● EXERCISE DATA:

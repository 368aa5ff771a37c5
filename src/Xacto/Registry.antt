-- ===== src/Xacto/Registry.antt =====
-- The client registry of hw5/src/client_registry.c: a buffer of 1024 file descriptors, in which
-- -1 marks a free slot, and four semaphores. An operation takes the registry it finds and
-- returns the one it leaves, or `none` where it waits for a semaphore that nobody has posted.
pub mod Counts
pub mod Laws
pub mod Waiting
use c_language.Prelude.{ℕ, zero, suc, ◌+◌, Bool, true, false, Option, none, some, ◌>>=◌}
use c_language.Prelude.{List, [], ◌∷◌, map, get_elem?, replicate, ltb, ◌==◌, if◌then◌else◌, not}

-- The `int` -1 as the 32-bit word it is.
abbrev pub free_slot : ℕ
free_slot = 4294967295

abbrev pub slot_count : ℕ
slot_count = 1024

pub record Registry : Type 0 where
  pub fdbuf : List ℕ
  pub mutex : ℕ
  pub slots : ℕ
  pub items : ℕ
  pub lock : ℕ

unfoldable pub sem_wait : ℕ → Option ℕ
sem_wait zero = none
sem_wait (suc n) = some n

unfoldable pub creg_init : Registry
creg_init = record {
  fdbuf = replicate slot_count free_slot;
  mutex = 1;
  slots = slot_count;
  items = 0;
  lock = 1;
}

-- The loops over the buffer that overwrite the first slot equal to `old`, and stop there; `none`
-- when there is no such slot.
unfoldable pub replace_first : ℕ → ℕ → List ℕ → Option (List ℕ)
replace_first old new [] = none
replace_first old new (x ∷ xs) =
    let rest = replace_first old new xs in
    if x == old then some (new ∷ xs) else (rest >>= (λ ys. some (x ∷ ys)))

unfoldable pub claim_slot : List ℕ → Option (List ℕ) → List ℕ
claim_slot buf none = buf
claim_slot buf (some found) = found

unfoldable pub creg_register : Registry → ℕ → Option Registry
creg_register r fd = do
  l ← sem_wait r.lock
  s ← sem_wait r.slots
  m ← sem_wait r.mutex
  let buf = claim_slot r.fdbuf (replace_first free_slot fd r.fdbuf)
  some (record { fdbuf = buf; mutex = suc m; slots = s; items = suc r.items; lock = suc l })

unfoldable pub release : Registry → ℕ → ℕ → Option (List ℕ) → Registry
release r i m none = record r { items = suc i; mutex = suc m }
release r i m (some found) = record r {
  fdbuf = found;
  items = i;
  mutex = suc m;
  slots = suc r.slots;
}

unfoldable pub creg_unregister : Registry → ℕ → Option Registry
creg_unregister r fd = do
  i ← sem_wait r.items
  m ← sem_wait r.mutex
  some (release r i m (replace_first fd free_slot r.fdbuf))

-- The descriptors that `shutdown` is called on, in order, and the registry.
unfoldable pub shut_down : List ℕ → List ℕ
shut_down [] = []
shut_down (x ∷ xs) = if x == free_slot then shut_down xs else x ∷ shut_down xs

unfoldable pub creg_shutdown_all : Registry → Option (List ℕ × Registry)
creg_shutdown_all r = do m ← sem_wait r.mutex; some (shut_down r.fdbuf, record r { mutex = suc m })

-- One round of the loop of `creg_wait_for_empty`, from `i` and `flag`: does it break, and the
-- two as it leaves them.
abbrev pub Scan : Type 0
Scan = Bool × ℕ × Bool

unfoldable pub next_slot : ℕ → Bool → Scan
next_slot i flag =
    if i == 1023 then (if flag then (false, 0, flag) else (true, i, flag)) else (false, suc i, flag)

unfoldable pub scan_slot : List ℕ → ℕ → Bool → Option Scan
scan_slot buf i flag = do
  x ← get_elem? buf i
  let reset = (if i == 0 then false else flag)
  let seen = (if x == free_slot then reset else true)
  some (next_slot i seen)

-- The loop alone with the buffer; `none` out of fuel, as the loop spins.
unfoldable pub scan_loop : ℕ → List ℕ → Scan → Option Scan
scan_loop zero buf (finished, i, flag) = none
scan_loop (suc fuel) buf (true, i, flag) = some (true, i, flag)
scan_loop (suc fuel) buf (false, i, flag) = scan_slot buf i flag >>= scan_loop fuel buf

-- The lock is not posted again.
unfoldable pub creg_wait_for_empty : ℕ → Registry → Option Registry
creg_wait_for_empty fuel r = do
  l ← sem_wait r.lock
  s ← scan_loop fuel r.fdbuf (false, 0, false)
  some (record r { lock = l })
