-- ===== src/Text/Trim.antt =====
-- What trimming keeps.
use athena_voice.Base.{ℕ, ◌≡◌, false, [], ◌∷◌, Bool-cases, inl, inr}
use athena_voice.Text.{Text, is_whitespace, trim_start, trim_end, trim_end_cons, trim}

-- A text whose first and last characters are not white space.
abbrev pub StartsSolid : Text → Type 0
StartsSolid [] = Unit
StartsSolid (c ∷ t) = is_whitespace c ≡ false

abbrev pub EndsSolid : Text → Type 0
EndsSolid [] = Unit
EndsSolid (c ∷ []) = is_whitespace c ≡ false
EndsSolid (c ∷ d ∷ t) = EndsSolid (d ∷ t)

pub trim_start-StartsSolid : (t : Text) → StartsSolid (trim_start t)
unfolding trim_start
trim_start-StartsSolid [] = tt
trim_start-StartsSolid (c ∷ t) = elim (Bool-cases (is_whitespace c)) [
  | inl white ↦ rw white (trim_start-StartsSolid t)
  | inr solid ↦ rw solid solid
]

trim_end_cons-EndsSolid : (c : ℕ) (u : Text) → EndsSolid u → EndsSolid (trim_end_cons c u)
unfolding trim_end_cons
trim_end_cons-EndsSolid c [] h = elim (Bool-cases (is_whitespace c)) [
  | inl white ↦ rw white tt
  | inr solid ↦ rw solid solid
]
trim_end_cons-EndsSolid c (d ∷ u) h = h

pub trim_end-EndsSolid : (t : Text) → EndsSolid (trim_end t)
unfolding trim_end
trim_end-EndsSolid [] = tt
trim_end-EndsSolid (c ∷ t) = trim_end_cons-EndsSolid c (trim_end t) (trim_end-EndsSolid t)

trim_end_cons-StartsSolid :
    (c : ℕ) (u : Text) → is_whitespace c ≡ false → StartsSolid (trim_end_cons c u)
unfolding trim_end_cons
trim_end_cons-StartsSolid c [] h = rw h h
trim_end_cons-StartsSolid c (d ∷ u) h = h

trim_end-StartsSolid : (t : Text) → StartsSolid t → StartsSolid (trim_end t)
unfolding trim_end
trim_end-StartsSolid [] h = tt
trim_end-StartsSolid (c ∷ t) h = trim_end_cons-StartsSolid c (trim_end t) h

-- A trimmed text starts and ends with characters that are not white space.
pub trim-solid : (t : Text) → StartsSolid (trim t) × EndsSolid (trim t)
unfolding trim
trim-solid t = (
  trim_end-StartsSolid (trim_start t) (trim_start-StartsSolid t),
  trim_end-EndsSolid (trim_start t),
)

● WHAT NEEDS TO BE DONE: Your task is to transcribe the listing above in full, exactly as given.

● YOUR RESPONSE:
repository 368aa5ff771a37c5
filename src/Xacto/Registry.antt
-- ===== src/Xacto/Registry.antt =====
-- The client registry of hw5/src/client_registry.c: a buffer of 1024 file descriptors, in which
-- -1 marks a free slot, and four semaphores. An operation takes the registry it finds and
-- returns the one it leaves, or `none` where it waits for a semaphore that nobody has posted.
pub mod Counts
pub mod Laws
pub mod Waiting
use c_language.Prelude.{ℕ, zero, suc, ◌+◌, Bool, true, false, Option, none, some, ◌>>=◌}
use c_language.Prelude.{List, [], ◌∷◌, map, get_elem?, replicate, ltb, ◌==◌, if◌then◌else◌, not}

-- The `int` -1 as the 32-bit word it is.
abbrev pub free_slot : ℕ
free_slot = 4294967295

abbrev pub slot_count : ℕ
slot_count = 1024

pub record Registry : Type 0 where
  pub fdbuf : List ℕ
  pub mutex : ℕ
  pub slots : ℕ
  pub items : ℕ
  pub lock : ℕ

unfoldable pub sem_wait : ℕ → Option ℕ
sem_wait zero = none
sem_wait (suc n) = some n

unfoldable pub creg_init : Registry
creg_init = record {
  fdbuf = replicate slot_count free_slot;
  mutex = 1;
  slots = slot_count;
  items = 0;
  lock = 1;
}

-- The loops over the buffer that overwrite the first slot equal to `old`, and stop there; `none`
-- when there is no such slot.
unfoldable pub replace_first : ℕ → ℕ → List ℕ → Option (List ℕ)
replace_first old new [] = none
replace_first old new (x ∷ xs) =
    let rest = replace_first old new xs in
    if x == old then some (new ∷ xs) else (rest >>= (λ ys. some (x ∷ ys)))

unfoldable pub claim_slot : List ℕ → Option (List ℕ) → List ℕ
claim_slot buf none = buf
claim_slot buf (some found) = found

unfoldable pub creg_register : Registry → ℕ → Option Registry
creg_register r fd = do
  l ← sem_wait r.lock
  s ← sem_wait r.slots
  m ← sem_wait r.mutex
  let buf = claim_slot r.fdbuf (replace_first free_slot fd r.fdbuf)
  some (record { fdbuf = buf; mutex = suc m; slots = s; items = suc r.items; lock = suc l })

unfoldable pub release : Registry → ℕ → ℕ → Option (List ℕ) → Registry
release r i m none = record r { items = suc i; mutex = suc m }
release r i m (some found) = record r {
  fdbuf = found;
  items = i;
  mutex = suc m;
  slots = suc r.slots;
}

unfoldable pub creg_unregister : Registry → ℕ → Option Registry
creg_unregister r fd = do
  i ← sem_wait r.items
  m ← sem_wait r.mutex
  some (release r i m (replace_first fd free_slot r.fdbuf))

-- The descriptors that `shutdown` is called on, in order, and the registry.
unfoldable pub shut_down : List ℕ → List ℕ
shut_down [] = []
shut_down (x ∷ xs) = if x == free_slot then shut_down xs else x ∷ shut_down xs

unfoldable pub creg_shutdown_all : Registry → Option (List ℕ × Registry)
creg_shutdown_all r = do m ← sem_wait r.mutex; some (shut_down r.fdbuf, record r { mutex = suc m })

-- One round of the loop of `creg_wait_for_empty`, from `i` and `flag`: does it break, and the
-- two as it leaves them.
abbrev pub Scan : Type 0
Scan = Bool × ℕ × Bool

unfoldable pub next_slot : ℕ → Bool → Scan
next_slot i flag =
    if i == 1023 then (if flag then (false, 0, flag) else (true, i, flag)) else (false, suc i, flag)

unfoldable pub scan_slot : List ℕ → ℕ → Bool → Option Scan
scan_slot buf i flag = do
  x ← get_elem? buf i
  let reset = (if i == 0 then false else flag)
  let seen = (if x == free_slot then reset else true)
  some (next_slot i seen)

-- The loop alone with the buffer; `none` out of fuel, as the loop spins.
unfoldable pub scan_loop : ℕ → List ℕ → Scan → Option Scan
scan_loop zero buf (finished, i, flag) = none
scan_loop (suc fuel) buf (true, i, flag) = some (true, i, flag)
scan_loop (suc fuel) buf (false, i, flag) = scan_slot buf i flag >>= scan_loop fuel buf

-- The lock is not posted again.
unfoldable pub creg_wait_for_empty : ℕ → Registry → Option Registry
creg_wait_for_empty fuel r = do
  l ← sem_wait r.lock
  s ← scan_loop fuel r.fdbuf (false, 0, false)
  some (record r { lock = l })
-- ===== src/Text/Trim.antt =====
-- What trimming keeps.
use athena_voice.Base.{ℕ, ◌≡◌, false, [], ◌∷◌, Bool-cases, inl, inr}
use athena_voice.Text.{Text, is_whitespace, trim_start, trim_end, trim_end_cons, trim}

-- A text whose first and last characters are not white space.
abbrev pub StartsSolid : Text → Type 0
StartsSolid [] = Unit
StartsSolid (c ∷ t) = is_whitespace c ≡ false

abbrev pub EndsSolid : Text → Type 0
EndsSolid [] = Unit
EndsSolid (c ∷ []) = is_whitespace c ≡ false
EndsSolid (c ∷ d ∷ t) = EndsSolid (d ∷ t)

pub trim_start-StartsSolid : (t : Text) → StartsSolid (trim_start t)
unfolding trim_start
trim_start-StartsSolid [] = tt
trim_start-StartsSolid (c ∷ t) = elim (Bool-cases (is_whitespace c)) [
  | inl white ↦ rw white (trim_start-StartsSolid t)
  | inr solid ↦ rw solid solid
]

trim_end_cons-EndsSolid : (c : ℕ) (u : Text) → EndsSolid u → EndsSolid (trim_end_cons c u)
unfolding trim_end_cons
trim_end_cons-EndsSolid c [] h = elim (Bool-cases (is_whitespace c)) [
  | inl white ↦ rw white tt
  | inr solid ↦ rw solid solid
]
trim_end_cons-EndsSolid c (d ∷ u) h = h

pub trim_end-EndsSolid : (t : Text) → EndsSolid (trim_end t)
unfolding trim_end
trim_end-EndsSolid [] = tt
trim_end-EndsSolid (c ∷ t) = trim_end_cons-EndsSolid c (trim_end t) (trim_end-EndsSolid t)

trim_end_cons-StartsSolid :
    (c : ℕ) (u : Text) → is_whitespace c ≡ false → StartsSolid (trim_end_cons c u)
unfolding trim_end_cons
trim_end_cons-StartsSolid c [] h = rw h h
trim_end_cons-StartsSolid c (d ∷ u) h = h

trim_end-StartsSolid : (t : Text) → StartsSolid t → StartsSolid (trim_end t)
unfolding trim_end
trim_end-StartsSolid [] h = tt
trim_end-StartsSolid (c ∷ t) h = trim_end_cons-StartsSolid c (trim_end t) h

-- A trimmed text starts and ends with characters that are not white space.
pub trim-solid : (t : Text) → StartsSolid (trim t) × EndsSolid (trim t)
unfolding trim
trim-solid t = (
  trim_end-StartsSolid (trim_start t) (trim_start-StartsSolid t),
  trim_end-EndsSolid (trim_start t),
)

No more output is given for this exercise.